UK Centre for Ecology & Hydrology, Environment Centre Wales, Deiniol Road, Bangor, Gwynedd, LL57 2UW, United Kingdom.
Victoria University of Wellington, Kelburn, Wellington, 6012, New Zealand.
Ecol Appl. 2020 Mar;30(2):e02046. doi: 10.1002/eap.2046. Epub 2020 Jan 3.
Loss and fragmentation of natural land cover due to expansion of agricultural areas is a global issue. These changes alter the configuration and composition of the landscape, particularly affecting those ecosystem services (benefits people receive from ecosystems) that depend on interactions between landscape components. Hydrological mitigation describes the bundle of ecosystem services provided by landscape features such as woodland that interrupt the flow of runoff to rivers. These services include sediment retention, nutrient retention and mitigation of overland water flow.
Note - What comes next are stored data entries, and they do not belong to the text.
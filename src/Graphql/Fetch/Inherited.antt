-- ===== src/Graphql/Fetch/Inherited.antt =====
-- When `resolveDocument` in packages/web/graphql-client/src/fetchGraphql.ts throws: a document that it
-- reaches spreads a name that the plain record only inherits.
use mathlib.Core.Path.{subst}
use predictor_common.Prelude.Text.{Text, text_eq, text_eq_iff, has, Distinct}
use predictor_common.Prelude.Dict.{get, text_key}
use predictor_common.Prelude.{
  ◌≡◌, refl, sym, ap, ◌∙◌, ◌↔◌, ◌⊎◌, inl, inr, Bool, true, false, ◌||◌, Option, none, some, List,
  [], ◌∷◌, Bool-cases, Option-cases,
}
use predictor_common.Graphql.Fragments.{spread_names, document_of}
use predictor_common.Graphql.Fragments.Visits.{Reached, spread, nested}
use predictor_common.Graphql.Fragments.Registry.{keys, collect_lem, resolve_lem}
use predictor_common.Graphql.Fetch.{
  FragmentSource, registry, plain_map, inherited_names, is_inherited, reads_inherited,
  collects_inherited, no_match_all, assembled, resolve_document,
}

-- A name that the query spreads, itself or in a definition that it reaches, is no entry of the record,
-- but one that every plain record inherits.
abbrev pub SpreadsInherited : Text → Option FragmentSource → Type 0
SpreadsInherited query (some (plain_map definitions)) =
    (name : Text) × Reached (λ n. get definitions n) query name
    × (get definitions name ≡ none)
    × (has inherited_names name ≡ true)
SpreadsInherited query (some (registry definitions)) = ⊥
SpreadsInherited query none = ⊥

or_true : (a b : Bool) → b ≡ true → (a || b) ≡ true
or_true true b h = refl
or_true false b h = h

module _ (definitions : List (Text × Text)) where
  -- One such name among these.
  abbrev IsOne : List Text → Type 0
  IsOne names =
      (name : Text) × (has names name ≡ true)
      × (get definitions name ≡ none)
      × (has inherited_names name ≡ true)

  is_inherited_iff :
      (name : Text)
      → (is_inherited definitions name ≡ true)
        ↔ ((get definitions name ≡ none) × (has inherited_names name ≡ true))
  is_inherited_iff name = elim (Option-cases (get definitions name)) [
    | inl missing ↦ rw (missing, is_inherited) (λ h. (refl, h), λ h. h.1)
    | inr (own, e) ↦ rw (e, is_inherited) (λ h. absurd (cc h), λ h. absurd (cc h.0))
  ]

  reads_inherited-IsOne :
      (names : List Text) → reads_inherited definitions names ≡ true → IsOne names
  reads_inherited-IsOne [] h = absurd (cc h)
  reads_inherited-IsOne (n ∷ names) h = elim (Bool-cases (is_inherited definitions n)) [
    | inl here ↦
        let (missing, inherits) = (is_inherited_iff n).0 here in
        (n, rw ((text_eq_iff n n).1 refl) refl, missing, inherits)
    | inr other ↦
        let (name, among, missing, inherits) = reads_inherited-IsOne names (rw other at h) in
        (name, or_true (text_eq n name) (has names name) among, missing, inherits)
  ]

  IsOne-reads_inherited :
      (names : List Text) (name : Text)
      → has names name ≡ true
      → is_inherited definitions name ≡ true
      → reads_inherited definitions names ≡ true
  IsOne-reads_inherited [] name among h = absurd (cc among)
  IsOne-reads_inherited (n ∷ names) name among h = elim (Bool-cases (text_eq n name)) [
    | inl same ↦
        rw (subst (λ x. is_inherited definitions x ≡ true) (sym ((text_eq_iff n name).0 same)) h)
          refl
    | inr other ↦
        or_true (is_inherited definitions n) (reads_inherited definitions names)
          (IsOne-reads_inherited names name (rw other at among) h)
  ]

  -- A collected definition that spreads one.
  abbrev CollectsOne : List (Text × Text) → Type 0
  CollectsOne collected =
      (parent document : Text) × (get collected parent ≡ some document)
      × IsOne (spread_names document)

  get-has :
      (entries : List (Text × Text)) (name document : Text)
      → get entries name ≡ some document
      → has (keys entries) name ≡ true
  get-has [] name document h = absurd (cc h)
  get-has ((n, d) ∷ rest) name document h = elim (Bool-cases (text_eq n name)) [
    | inl same ↦ rw same refl
    | inr other ↦ rw other (get-has rest name document (rw other at h))
  ]

  collects_inherited-CollectsOne :
      (entries : List (Text × Text))
      → Distinct (keys entries)
      → collects_inherited definitions entries ≡ true
      → CollectsOne entries
  collects_inherited-CollectsOne [] distinct h = absurd (cc h)
  collects_inherited-CollectsOne ((n, d) ∷ rest) (fresh, distinct) h =
      elim (Bool-cases (reads_inherited definitions (spread_names d))) [
        | inl here ↦
            (n, d, rw ((text_eq_iff n n).1 refl) refl, reads_inherited-IsOne (spread_names d) here)
        | inr other ↦
            let (parent, document, found, one) =
              collects_inherited-CollectsOne rest distinct (rw other at h) in
            let apart : text_eq n parent ≡ false = elim (Bool-cases (text_eq n parent)) [
              | inr differs ↦ differs
              | inl same ↦
                  absurd
                    (cc (get-has rest parent document found, fresh, (text_eq_iff n parent).0 same))
            ] in
            (parent, document, rw apart found, one)
      ]

  CollectsOne-collects_inherited :
      (entries : List (Text × Text)) (parent document : Text)
      → get entries parent ≡ some document
      → reads_inherited definitions (spread_names document) ≡ true
      → collects_inherited definitions entries ≡ true
  CollectsOne-collects_inherited [] parent document found h = absurd (cc found)
  CollectsOne-collects_inherited ((n, d) ∷ rest) parent document found h =
      elim (Bool-cases (text_eq n parent)) [
        | inl same ↦ let is : d ≡ document = cc (rw same at found) in rw (is, h) refl
        | inr other ↦
            or_true (reads_inherited definitions (spread_names d))
              (collects_inherited definitions rest)
              (CollectsOne-collects_inherited rest parent document (rw other at found) h)
      ]

  module _ (query : Text) (collected : List (Text × Text))
      (exactly : (name definition : Text)
        → (get collected name ≡ some definition) ↔ (
            (get definitions name ≡ some definition) × Reached (λ n. get definitions n) query name))
      (distinct : Distinct (keys collected)) where
    abbrev spreads : Bool
    spreads =
        reads_inherited definitions (spread_names query) || collects_inherited definitions collected

    spreads-SpreadsInherited :
        spreads ≡ true → SpreadsInherited query (some (plain_map definitions))
    spreads-SpreadsInherited h =
        elim (Bool-cases (reads_inherited definitions (spread_names query))) [
          | inl here ↦
              let (name, among, missing, inherits) =
                reads_inherited-IsOne (spread_names query) here in
              (name, spread name among, missing, inherits)
          | inr other ↦
              let (parent, document, found, one) =
                collects_inherited-CollectsOne collected distinct (rw other at h) in
              let (name, among, missing, inherits) = one in
              let (own, reached) = (exactly parent document).0 found in
              (name, nested parent document name reached own among, missing, inherits)
        ]

    SpreadsInherited-spreads :
        (name : Text)
        → Reached (λ n. get definitions n) query name
        → is_inherited definitions name ≡ true
        → spreads ≡ true
    SpreadsInherited-spreads _ (spread name among) h =
        rw (IsOne-reads_inherited (spread_names query) name among h) refl
    SpreadsInherited-spreads _ (nested parent document name reached own among) h =
        or_true (reads_inherited definitions (spread_names query))
          (collects_inherited definitions collected)
          (CollectsOne-collects_inherited collected parent document
            ((exactly parent document).1 (own, reached))
            (IsOne-reads_inherited (spread_names document) name among h))

    assembled-cases :
        (SpreadsInherited query (some (plain_map definitions))
          × (assembled definitions query (some collected) ≡ some (inl no_match_all)))
        ⊎ ((SpreadsInherited query (some (plain_map definitions)) → ⊥)
            × (assembled definitions query (some collected)
                ≡ some (inr (document_of query collected))))
    assembled-cases = elim (Bool-cases spreads) [
      | inl throws ↦ inl (spreads-SpreadsInherited throws, rw throws refl)
      | inr fine ↦ inr (
        λ (name, reached, missing, inherits). cc (
          SpreadsInherited-spreads name reached ((is_inherited_iff name).1 (missing, inherits)),
          fine,
        ),
        rw fine refl,
      )
    ]

-- The collection of the fragments always ends, and throws just where such a name is spread.
pub resolve_document-cases :
    (query : Text) (fragments : Option FragmentSource)
    → (SpreadsInherited query fragments
        × (resolve_document query fragments ≡ some (inl no_match_all)))
      ⊎ ((SpreadsInherited query fragments → ⊥)
          × (document : Text) × (resolve_document query fragments ≡ some (inr document)))
unfolding resolve_document
resolve_document-cases query none = inr (λ h. h, query, refl)
resolve_document-cases query (some (registry definitions)) =
    let (collected, e, exactly, distinct) = resolve_lem definitions query in
    inr (λ h. h, document_of query collected, rw e refl)
resolve_document-cases query (some (plain_map definitions)) =
    let (collected, e, exactly, distinct) = collect_lem definitions query in
    elim (assembled-cases definitions query collected exactly distinct) [
      | inl (spreads, throws) ↦ inl (spreads, ap (assembled definitions query) e ∙ throws)
      | inr (plain, document) ↦
          inr (plain, document_of query collected, ap (assembled definitions query) e ∙ document)
    ]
The position of woodland in the landscape and the landscape topography are both important for hydrological mitigation. Therefore, it is crucial to consider landscape configuration and flow pathways in a spatially explicit manner when examining the impacts of fragmentation. Here we test the effects of landscape configuration using a large number (>7,000) of virtual landscape configurations. We created virtual landscapes of woodland patches within grassland, superimposed onto real topography and stream networks. Woodland patches were generated with user-defined combinations of patch number and total woodland area, placed randomly in the landscape. The Ecosystem Service model used hydrological routing to map the "mitigated area" upslope of each woodland patch. We found that more fragmented woodland mitigated a greater proportion of the catchment. Larger woodland area also increased mitigation, however, this increase was nonlinear, with a threshold at 50% coverage, above which there was a decline in service provision. This nonlinearity suggests that the benefit of any additional woodland depends on two factors: the level of fragmentation and the existing area of woodland. Edge density (total edge of patches divided by area of catchment) was the best single metric in predicting mitigated area. Distance from woodland to stream was not a significant predictor of mitigation, suggesting that agri-environment schemes planting riparian woodland should consider additional controls such as the amount of fragmentation in the landscape. These findings highlight the potential benefits of fragmentation to hydrological mitigation services. However, benefits for hydrological services must be balanced against any negative effects of fragmentation or habitat loss on biodiversity and other services.
由于农业区的扩张,自然土地覆盖的丧失和破碎化是一个全球性问题。这些变化改变了景观的结构和组成,特别是影响了那些依赖景观要素相互作用的生态系统服务(人们从生态系统中获得的利益)。水文缓解描述了林地等景观特征提供的一整套生态系统服务,这些特征可以打断径流向河流的流动。这些服务包括泥沙截留、养分截留和缓解地表水流。林地在景观中的位置和景观地形对水文缓解都很重要。因此,在考察破碎化的影响时,必须以空间显式的方式考虑景观配置和水流路径。在这里,我们使用大量(>7000)虚拟景观配置来测试景观配置的效果。我们在真实地形和溪流网络上叠加了草地中的林地斑块,创建了虚拟景观。林地斑块是根据用户定义的斑块数量和总林地面积组合生成的,随机放置在景观中。使用生态系统服务模型通过水文路径来映射每个林地斑块上游的“缓解区域”。我们发现,更破碎的林地缓解了更大比例的集水区。更大的林地面积也增加了缓解,但这种增加是非线性的,在覆盖率达到 50%时有一个下降,之后服务提供会下降。这种非线性表明,任何额外林地的好处取决于两个因素:破碎化程度和现有的林地面积。边缘密度(斑块的总边缘除以集水区的面积)是预测缓解面积的最佳单一指标。林地到溪流的距离不是缓解的重要预测因子,这表明在种植河岸林地的农业环境计划中,应考虑其他控制因素,如景观中的破碎化程度。这些发现强调了破碎化对水文缓解服务的潜在好处。然而,水文服务的好处必须与破碎化或生境丧失对生物多样性和其他服务的任何负面影响相平衡。